### Task instructions:
Check each line below for the word "does" and give the number of lines that have it, nothing more.

### Source material:

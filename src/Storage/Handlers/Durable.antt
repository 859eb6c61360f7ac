-- ===== src/Storage/Handlers/Durable.antt =====
-- src/storage/memory.rs and src/storage/handlers.rs together: what a backup holds once the primary
-- has acknowledged a write.
use mathlib.Core.List.{append-nil, append_assoc}
use stage.Prelude.{
  ℕ, ◌≡◌, ◌⊎◌, refl, ap, sym, ◌∙◌, subst, Bool, true, ◌&&◌, Option, none, some, List, [], ◌∷◌, ◌++◌,
  Str, ◌==◌, ==_refl, str_eq, nat_eq, drop, All, All-split, In, In-of_All, if◌then◌else◌, if_cases,
  inl, inr, arith,
}
use stage.DashMap.{DashMap}
use stage.Effects.{ok, bad_status, node_not_found, unreadable, Wire, ◌>>=◌, or_fail, is_success}
use stage.Effects.Sends.{
  Sends, Sends-bind, Sends-pure, Sends-fail, Sends-or_fail, Sends-send, Sends-if,
}
use stage.Membership.Types.{NodeId, SocketAddr, Node}
use stage.Membership.Service.{get_member}
use stage.Site.{Site, owners_of}
use stage.Storage.Protocol.{
  Format, Request, replicate, forward_put, get_internal, partition_dump, Response,
}
use stage.Storage.Memory.{
  Store, should_process, store_local, store_replica, lookup, once, store_as_primary, post,
  replicate_to_backup, replicate_to_all,
}
use stage.Storage.Memory.Local.{should_process_fresh}
use stage.Storage.Memory.Idempotence.{Seen, should_process_of_Seen, store_replica-Seen}
use stage.Storage.Memory.Replication.{Confirmed, store_as_primary-Confirmed}
use stage.Storage.Handlers.{handle_replicate, parse_entry}
use stage.Storage.Handlers.Serving.{RoundTrips, store_replica_fresh}

-- Two addresses are the same.
abbrev pub addr_beq : SocketAddr → SocketAddr → Bool
addr_beq a b = (a.ip == b.ip) && (a.port == b.port)

module _ (dm : DashMap) {K V : Type 0} (f : Format K V) (base : Str) where
  -- A node at `addr` serves the replicas sent to it, each at its time if it arrives.
  module _ (addr : SocketAddr) (arrives : List Request → Request → Bool)
      (clock : List Request → ℕ) where
    -- The store of a node at `addr` after a request, given what has been sent before: a replica that is sent to
    -- it and arrives is handled.
    abbrev pub serve : List Request → Request → Store dm K V → Store dm K V
    serve before (to, path, replicate p op_id key json) s =
        if addr_beq to addr
          && (path == base)
          && arrives before (to, path, replicate p op_id key json)
        then (handle_replicate dm f (clock before) p op_id key json s).1
        else s
    serve before (to, path, forward_put p op_id key json) s = s
    serve before (to, path, get_internal key) s = s
    serve before (to, path, partition_dump p) s = s

    -- After a sequence of requests.
    unfoldable pub serve_all : List Request → List Request → Store dm K V → Store dm K V
    serve_all before [] s = s
    serve_all before (q ∷ qs) s = serve_all (before ++ q ∷ []) qs (serve before q s)

    serve_all-append :
        (before xs ys : List Request) (s : Store dm K V)
        → serve_all before (xs ++ ys) s ≡ serve_all (before ++ xs) ys (serve_all before xs s)
    unfolding serve_all
    serve_all-append before [] ys s = rw append-nil
    serve_all-append before (x ∷ xs) ys s =
        serve_all-append (before ++ x ∷ []) xs ys (serve before x s)
        ∙ ap (λ l. serve_all l ys (serve_all (before ++ x ∷ []) xs (serve before x s)))
            (append_assoc before (x ∷ []) xs)

    -- The replica of one write.
    module _ (rt : RoundTrips f) (p : ℕ) (op_id : Str) (k : K) (v : V) (json : Str)
        (written : f.to_json v ≡ some json) where
      abbrev pub IsReplica : Request → Type 0
      IsReplica q = q.2 ≡ replicate p op_id (f.to_string k) json

      -- The operation has been recorded, and the value is there.
      abbrev pub Held : Store dm K V → Type 0
      Held s = Seen dm f s op_id × (lookup dm f s p k ≡ some v)

      -- The operation is new, or the value is there.
      abbrev pub Fine : Store dm K V → Type 0
      Fine s = (dm.get s.processed_ops op_id ≡ none) ⊎ Held s

      store_replica-Held :
          (now : ℕ) (s : Store dm K V) → Fine s → Held (store_replica dm f now p op_id k v s)
      unfolding store_replica
      store_replica-Held now s (inl fresh) = (
        store_replica-Seen dm f now p op_id k v s,
        store_replica_fresh dm f rt now p op_id k v s p k fresh
            ∙ rw (==_refl p, (f.key_eq.same_iff k k).1 refl),
      )
      store_replica-Held now s (inr (seen, there)) =
          rw (should_process_of_Seen dm f now s op_id seen) (seen, there)

      handled :
          (now : ℕ) (s : Store dm K V)
          → (handle_replicate dm f now p op_id (f.to_string k) json s).1
            ≡ store_replica dm f now p op_id k v s
      unfolding handle_replicate parse_entry
      handled now s =
          rw (rt.parse-to_string k, handle_replicate)
            (rw (rt.from_json-to_json v json written, handle_replicate) refl)

      serve-Held :
          (before : List Request) (q : Request) (s : Store dm K V)
          → IsReplica q
          → Held s
          → Held (serve before q s)
      serve-Held before (to, path, call) s e h =
          subst (λ c. Held (serve before (to, path, c) s)) (sym e)
            (if_cases Held
              (addr_beq to addr
                && (path == base)
                && arrives before (to, path, replicate p op_id (f.to_string k) json))
              (λ _.
                subst Held (sym (handled (clock before) s))
                  (store_replica-Held (clock before) s (inr h)))
              (λ _. h))

      serve-Fine :
          (before : List Request) (q : Request) (s : Store dm K V)
          → IsReplica q
          → Fine s
          → Fine (serve before q s)
      serve-Fine before (to, path, call) s e h =
          subst (λ c. Fine (serve before (to, path, c) s)) (sym e)
            (if_cases Fine
              (addr_beq to addr
                && (path == base)
                && arrives before (to, path, replicate p op_id (f.to_string k) json))
              (λ _. inr (
                subst Held (sym (handled (clock before) s))
                  (store_replica-Held (clock before) s h)))
              (λ _. h))

      serve_arrived :
          (before : List Request) (s : Store dm K V)
          → arrives before (addr, base, replicate p op_id (f.to_string k) json) ≡ true
          → Fine s
          → Held (serve before (addr, base, replicate p op_id (f.to_string k) json) s)
      serve_arrived before s there h =
          rw (there, ==_refl {A = ℕ} addr.ip, ==_refl {A = ℕ} addr.port, ==_refl {A = Str} base)
            (subst Held (sym (handled (clock before) s)) (store_replica-Held (clock before) s h))

      serve_all-Fine :
          (before l : List Request) (s : Store dm K V)
          → All IsReplica l
          → Fine s
          → Fine (serve_all before l s)
      unfolding serve_all
      serve_all-Fine before [] s e h = h
      serve_all-Fine before (q ∷ l) s (e, es) h =
          serve_all-Fine (before ++ q ∷ []) l (serve before q s) es (serve-Fine before q s e h)

      serve_all-Held :
          (before l : List Request) (s : Store dm K V)
          → All IsReplica l
          → Held s
          → Held (serve_all before l s)
      unfolding serve_all
      serve_all-Held before [] s e h = h
      serve_all-Held before (q ∷ l) s (e, es) h =
          serve_all-Held (before ++ q ∷ []) l (serve before q s) es (serve-Held before q s e h)

      -- Replicas of one write of which one arrives leave the value.
      pub serve_all_arrived :
          (xs ys : List Request) (s : Store dm K V)
          → All IsReplica (xs ++ (addr, base, replicate p op_id (f.to_string k) json) ∷ ys)
          → arrives xs (addr, base, replicate p op_id (f.to_string k) json) ≡ true
          → Fine s
          → Held (serve_all [] (xs ++ (addr, base, replicate p op_id (f.to_string k) json) ∷ ys) s)
      unfolding serve_all
      serve_all_arrived xs ys s replicas there h =
          let q : Request = (addr, base, replicate p op_id (f.to_string k) json) in
          let (first, rest) = All-split IsReplica xs (q ∷ ys) replicas in
          subst Held (sym (serve_all-append [] xs (q ∷ ys) s)) (
            serve_all-Held (xs ++ q ∷ []) ys (serve xs q (serve_all [] xs s)) rest.1
              (serve_arrived xs (serve_all [] xs s) there (serve_all-Fine [] xs s first h)))

module _ (dm : DashMap) {K V : Type 0} (f : Format K V) (rt : RoundTrips f) (site : Site dm)
    (base : Str) (w : Wire Request Response) (p : ℕ) (op_id : Str) (k : K) (v : V) (json : Str)
    (written : f.to_json v ≡ some json) where
  abbrev OnlyReplicas : Request → Type 0
  OnlyReplicas q = q.2 ≡ replicate p op_id (f.to_string k) json

  post_written-Sends :
      (node : Node) (o : Option Str)
      → o ≡ some json
      → Sends OnlyReplicas (
          or_fail o unreadable >>= λ j.
          post dm f site base w node (replicate p op_id (f.to_string k) j))
  unfolding post
  post_written-Sends node none e = absurd (ground arith)
  post_written-Sends node (some j) e =
      let same : j ≡ json = ground arith in
      let q : Request = (node.http_addr, base, replicate p op_id (f.to_string k) j) in
      let posts : Sends OnlyReplicas (post dm f site base w node q.2) =
        Sends-bind OnlyReplicas
          (Sends-send OnlyReplicas w 3 q (ap (λ i. replicate p op_id (f.to_string k) i) same))
          λ r.
            Sends-if OnlyReplicas (is_success r.status) (Sends-pure OnlyReplicas tt)
              (Sends-fail OnlyReplicas (bad_status r.status)) in
      record { at = λ s log. posts.at s log }

  replicate_to_backup-Sends :
      (backup : NodeId)
      → Sends OnlyReplicas (replicate_to_backup dm f site base w backup p op_id k v)
  unfolding replicate_to_backup
  replicate_to_backup-Sends backup =
      Sends-bind OnlyReplicas
        (Sends-or_fail OnlyReplicas (get_member dm site.membership backup) node_not_found)
        λ node. post_written-Sends node (f.to_json v) written

  replicate_to_all-Sends :
      (ids : List NodeId) → Sends OnlyReplicas (replicate_to_all dm f site base w ids p op_id k v)
  unfolding replicate_to_all
  replicate_to_all-Sends [] = Sends-pure OnlyReplicas tt
  replicate_to_all-Sends (b ∷ bs) =
      Sends-bind OnlyReplicas (replicate_to_backup-Sends b) λ _. replicate_to_all-Sends bs

  -- A write that a primary acknowledges, under an operation id that it had not seen, is held by each
  -- backup of the partition that is a node of this program: a backup that does not answer a request without having received it, and whose
  -- store does not know the operation yet, has the value under its key once the requests that
  -- the write has sent are handled, whichever of them arrive and in whatever number.
  pub store_as_primary-Held :
      (now : ℕ) (s : Store dm K V) (backup : NodeId) (node : Node) (remote : Store dm K V)
      (arrives : List Request → Request → Bool) (clock : List Request → ℕ)
      → dm.get s.processed_ops op_id ≡ none
      → (store_as_primary dm f site base w now p op_id k v (s, [])).0 ≡ ok tt
      → In backup (drop 1 (owners_of dm site p))
      → get_member dm site.membership backup ≡ some node
      → dm.get remote.processed_ops op_id ≡ none
      → ((before : List Request) (q : Request) (r : Response)
          → w.answer before q ≡ some r
          → arrives before q ≡ true)
      → lookup dm f
          (serve_all dm f base node.http_addr arrives clock []
            (store_as_primary dm f site base w now p op_id k v (s, [])).1.1
            remote)
          p
          k
        ≡ some v
  unfolding store_as_primary once
  store_as_primary-Held now s backup node remote arrives clock fresh h i known new reached =
      let run = store_as_primary dm f site base w now p op_id k v (s, []) in
      let (node', json', r, known', written', (xs, ys, e, answered), success) =
        In-of_All (Confirmed dm f site base w p op_id k v run.1.1) (drop 1 (owners_of dm site p))
          (store_as_primary-Confirmed dm f site base w now p op_id k v s [] fresh h) backup i in
      let (accepted, _) = should_process_fresh dm f now s op_id fresh in
      let t = store_local dm f (should_process dm f now s op_id).1 p k v in
      let (more, grown, replicas) =
        (replicate_to_all-Sends (drop 1 (owners_of dm site p))).at t [] in
      let same_node : node' ≡ node = ground arith in
      let same_json : json' ≡ json = ground arith in
      let q : Request = (node.http_addr, base, replicate p op_id (f.to_string k) json) in
      let same_q : (node'.http_addr, base, replicate p op_id (f.to_string k) json') ≡ q =
        λ i. ((same_node i).http_addr, base, replicate p op_id (f.to_string k) (same_json i)) in
      let split : run.1.1 ≡ xs ++ q ∷ ys = e ∙ ap (λ z. xs ++ z ∷ ys) same_q in
      let all : run.1.1 ≡ more = rw accepted grown in
      let there = reached xs q r (subst (λ z. w.answer xs z ≡ some r) same_q answered) in
      subst
        (λ l.
          lookup dm f (serve_all dm f base node.http_addr arrives clock [] l remote) p k ≡ some v)
        (sym split)
        (serve_all_arrived dm f base node.http_addr arrives clock rt p op_id k v json written xs ys
          remote (subst (All OnlyReplicas) (sym all ∙ split) replicas) there (inl new)).1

### Completed exercise:
2